8. If you’re anxious when it comes to group conversations, just observe
Every once in a while, you’ll find yourself in the company of a group instead of just one person. When this happens, you might start feeling anxious and overwhelmed. That’s completely fine. You don’t have to be the center of attention in there.
Sometimes, you just need to observe.
Listen to other people talking. Listen to their stories. Hear their laughter and feel their mood. Sometimes, that’s enough. It may even help you set your mood. It might make you want to join in later on.
Just know that it’s fine to just pay attention and listen. If you pick up on someone saying something you can relate to, you can just take note of that and approach them later on.
9. Know when to join in
If you are in the mood to join in and participate in group conversations, then you need to know when to do so. Don’t just jump in immediately, wait for your time to speak. Make sure you’re not cutting anyone off.
Even better, if someone asks if you have anything to say and you’re up to it, then good! Make it seem like you’re eager to speak up and someone will be able to pick up on that. Or say what you have to say once nobody else is talking.
Practice and Application Makes Perfect
As an introvert, making conversation and small talk will be easier if you rehearse by yourself. It may seem funny, but it will serve you well in the long run.
Practice in front of the mirror or rehearse your stories. Write them down. Take note of the things you know you can talk about. List down ice breakers or things you can say when imitating a conversation.
The more you practice, the better you will be in applying it.
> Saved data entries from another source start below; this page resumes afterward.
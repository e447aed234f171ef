-- ===== src/Accounts/Verification/OneAccount.antt =====
-- One account for each address (`register_view` of Eve/accounts/views.py).
use django_app_eve.Prelude.{
  ℕ, ◌≡◌, inl, inr, String, Option, none, Option-cases, true, List, [], ◌∷◌, find, str_eq, eq_iff,
  ◌&&◌, &&-right, if-both, arith,
}
use django_app_eve.Prelude.Unique.{Unique, Unique-append, Fresh-find-none}
use django_app_eve.Accounts.Verification.{
  Page, Member, Members, Registration, has_address, is_valid, save_user, register_view,
}

module _ (normal : String → String) where
  -- No two accounts with one address.
  abbrev pub OneAccount : Members → Type 0
  OneAccount s = Unique (λ (u : Member). normal u.email) s.users

  unfoldable pub register_all : List Registration → Members → Members
  register_all [] s = s
  register_all (r ∷ rest) s = register_all rest (register_view normal r s).1

  free_address :
      (r : Registration) (s : Members)
      → is_valid normal r s ≡ true
      → find (has_address normal r.email) s.users ≡ none
  unfolding is_valid
  free_address r s h = elim (Option-cases (find (has_address normal r.email) s.users)) [
    | inl e ↦ e
    | inr (u, e) ↦ ground (arith, h, e)
  ]

  register_view-OneAccount :
      (r : Registration) (s : Members) → OneAccount s → OneAccount (register_view normal r s).1
  unfolding register_view save_user
  register_view-OneAccount r s one =
      if-both (λ (x : (Page × Option ℕ) × Members). OneAccount x.1)
        (r.is_post && is_valid normal r s) _ _
        (λ e.
          Unique-append (λ (u : Member). normal u.email) s.users _ one
            (Fresh-find-none (λ (u : Member). normal u.email) str_eq eq_iff (normal r.email) s.users
              (free_address r s (&&-right r.is_post (is_valid normal r s) e))))
        (λ e. one)

  -- Whatever is sent to the registration, and however often, no two accounts have the same address
  -- up to what `iexact` ignores.
  pub register_all-OneAccount :
      (l : List Registration) (s : Members) → OneAccount s → OneAccount (register_all l s)
  unfolding register_all
  register_all-OneAccount [] s one = one
  register_all-OneAccount (r ∷ rest) s one =
      register_all-OneAccount rest (register_view normal r s).1 (register_view-OneAccount r s one)
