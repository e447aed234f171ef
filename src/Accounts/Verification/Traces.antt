-- ===== src/Accounts/Verification/Traces.antt =====
-- Sequences of actions on the accounts (Eve/accounts/views.py), and who is verified after them.
use mathlib.Core.List.{Mem, mem-cons_self, mem-cons_of_mem}
use django_app_eve.Prelude.{
  ℕ, ◌≡◌, refl, sym, ◌∙◌, ap, ◌⊎◌, inl, inr, String, Option, Option-cases, Bool, true, Bool-cases,
  List, [], ◌∷◌, find, find_sound, not, ◌||◌, ◌&&◌, ◌==◌, ==_iff, if-both,
}
use django_app_eve.Accounts.Verification.{
  Members, MailSigner, Loaded, uid, no_uid, bad_signature, email_token_max_age, Page, is_member,
  Registration, is_valid, save_user, register_view, resend_verification_view, profile_view,
  confirm_user, confirm_loaded, verify_email_view,
}
use django_app_eve.Accounts.Verification.Link.{is_verified, get_or_create-is_verified, followed}

-- What may happen to the accounts.
pub data Action (signer : MailSigner) : Type 0 where
  registers : Registration → Action signer
  resends : Bool → ℕ → Action signer
  views : ℕ → Action signer
  follows : ℕ → signer.Token → Action signer

-- The action follows a token in which the signer finds the user.
abbrev pub Follows : (signer : MailSigner) → ℕ → Action signer → Type 0
Follows signer v (follows now token) = signer.loads now email_token_max_age token ≡ uid v
Follows signer v (registers r) = ⊥
Follows signer v (resends is_post user) = ⊥
Follows signer v (views user) = ⊥

module _ (signer : MailSigner) (normal : String → String) where
  unfoldable pub run_action : Action signer → Members → Members
  run_action (registers r) s = (register_view normal r s).1
  run_action (resends is_post user) s = (resend_verification_view is_post user s).1
  run_action (views user) s = (profile_view user s).1
  run_action (follows now token) s = (verify_email_view signer now token s).1

  unfoldable pub run_actions : List (Action signer) → Members → Members
  run_actions [] s = s
  run_actions (a ∷ rest) s = run_actions rest (run_action a s)

  -- A change for a user came from a followed token.
  abbrev Explained : ℕ → Members → Members → Type 0 → Type 0
  Explained v s s' F = is_verified v s'.profiles ≡ true → (is_verified v s.profiles ≡ true) ⊎ F

  loaded-Explained :
      (v now : ℕ) (token : signer.Token) (l : Loaded) (s : Members)
      → signer.loads now email_token_max_age token ≡ l
      → Explained v s (confirm_loaded signer l s).1 (Follows signer v (follows now token))
  unfolding confirm_loaded confirm_user
  loaded-Explained v now token no_uid s e h = inl h
  loaded-Explained v now token bad_signature s e h = inl h
  loaded-Explained v now token (uid n) s e h = elim (Option-cases (find (is_member n) s.users)) [
    | inl z ↦ inl (rw (z, confirm_user) at h)
    | inr (u, z) ↦
        let own : u.pk ≡ n = (==_iff u.pk n).0 (find_sound (is_member n) s.users {a = u} z) in
        let now_verified : (v == n || is_verified v s.profiles) ≡ true =
          sym ((followed signer n u s z).0.verified v) ∙ h in
        elim (Bool-cases (v == n)) [
          | inl same ↦ inr (e ∙ ap uid (sym ((==_iff v n).0 same)))
          | inr other ↦ inl (rw other at now_verified)
        ]
  ]

  run_action-Explained :
      (v : ℕ) (a : Action signer) (s : Members)
      → Explained v s (run_action a s) (Follows signer v a)
  unfolding run_action register_view save_user resend_verification_view profile_view
      verify_email_view
  run_action-Explained v (registers r) s =
      if-both (λ (x : (Page × Option ℕ) × Members). Explained v s x.1 ⊥)
        (r.is_post && is_valid normal r s) _ _
        (λ e h. inl (sym (get_or_create-is_verified v s.next_pk s.profiles) ∙ h)) (λ e h. inl h)
  run_action-Explained v (resends is_post user) s =
      if-both (λ (x : (Page × Option ℕ) × Members). Explained v s x.1 ⊥) (not is_post) _ _
        (λ e h. inl h) (λ e h. inl (sym (get_or_create-is_verified v user s.profiles) ∙ h))
  run_action-Explained v (views user) s =
      λ h. inl (sym (get_or_create-is_verified v user s.profiles) ∙ h)
  run_action-Explained v (follows now token) s = loaded-Explained v now token _ s refl

-- Whatever happens at the registration, the profile, the resending of mails and the links: a user
-- whose address counts as verified at the end, and did not at the beginning, was named by a token
-- that the signer accepted, within three days, when it was followed.
pub run_actions-verified :
    (signer : MailSigner) (normal : String → String) (v : ℕ) (l : List (Action signer))
    (s : Members)
    → is_verified v (run_actions signer normal l s).profiles ≡ true
    → (is_verified v s.profiles ≡ true) ⊎ ((a : Action signer) × Mem a l × Follows signer v a)
unfolding run_actions
run_actions-verified signer normal v [] s h = inl h
run_actions-verified signer normal v (a ∷ rest) s h =
    elim (run_actions-verified signer normal v rest (run_action signer normal a s) h) [
      | inr (b, at, f) ↦ inr (b, mem-cons_of_mem a at, f)
      | inl before ↦ elim (run_action-Explained signer normal v a s before) [
        | inl earlier ↦ inl earlier
        | inr f ↦ inr (a, mem-cons_self, f)
      ]
    ]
The more you apply, the sooner you can become a natural at it. That’s what you should aim for. Practice and apply until it starts to feel natural. In time, you’ll make conversation and small talk so smoothly you won’t even have to think about it. You’ll be able to make friends with anyone you want.
If you want more tips on how to improve as a conversationalist to make connections with others, read the other articles I have on conversation skills and techniques. These will help you improve your conversation and small talk skills.
For now, practice and apply at your own pace. You don’t need to do this every day, but do it enough and make an effort. Good luck!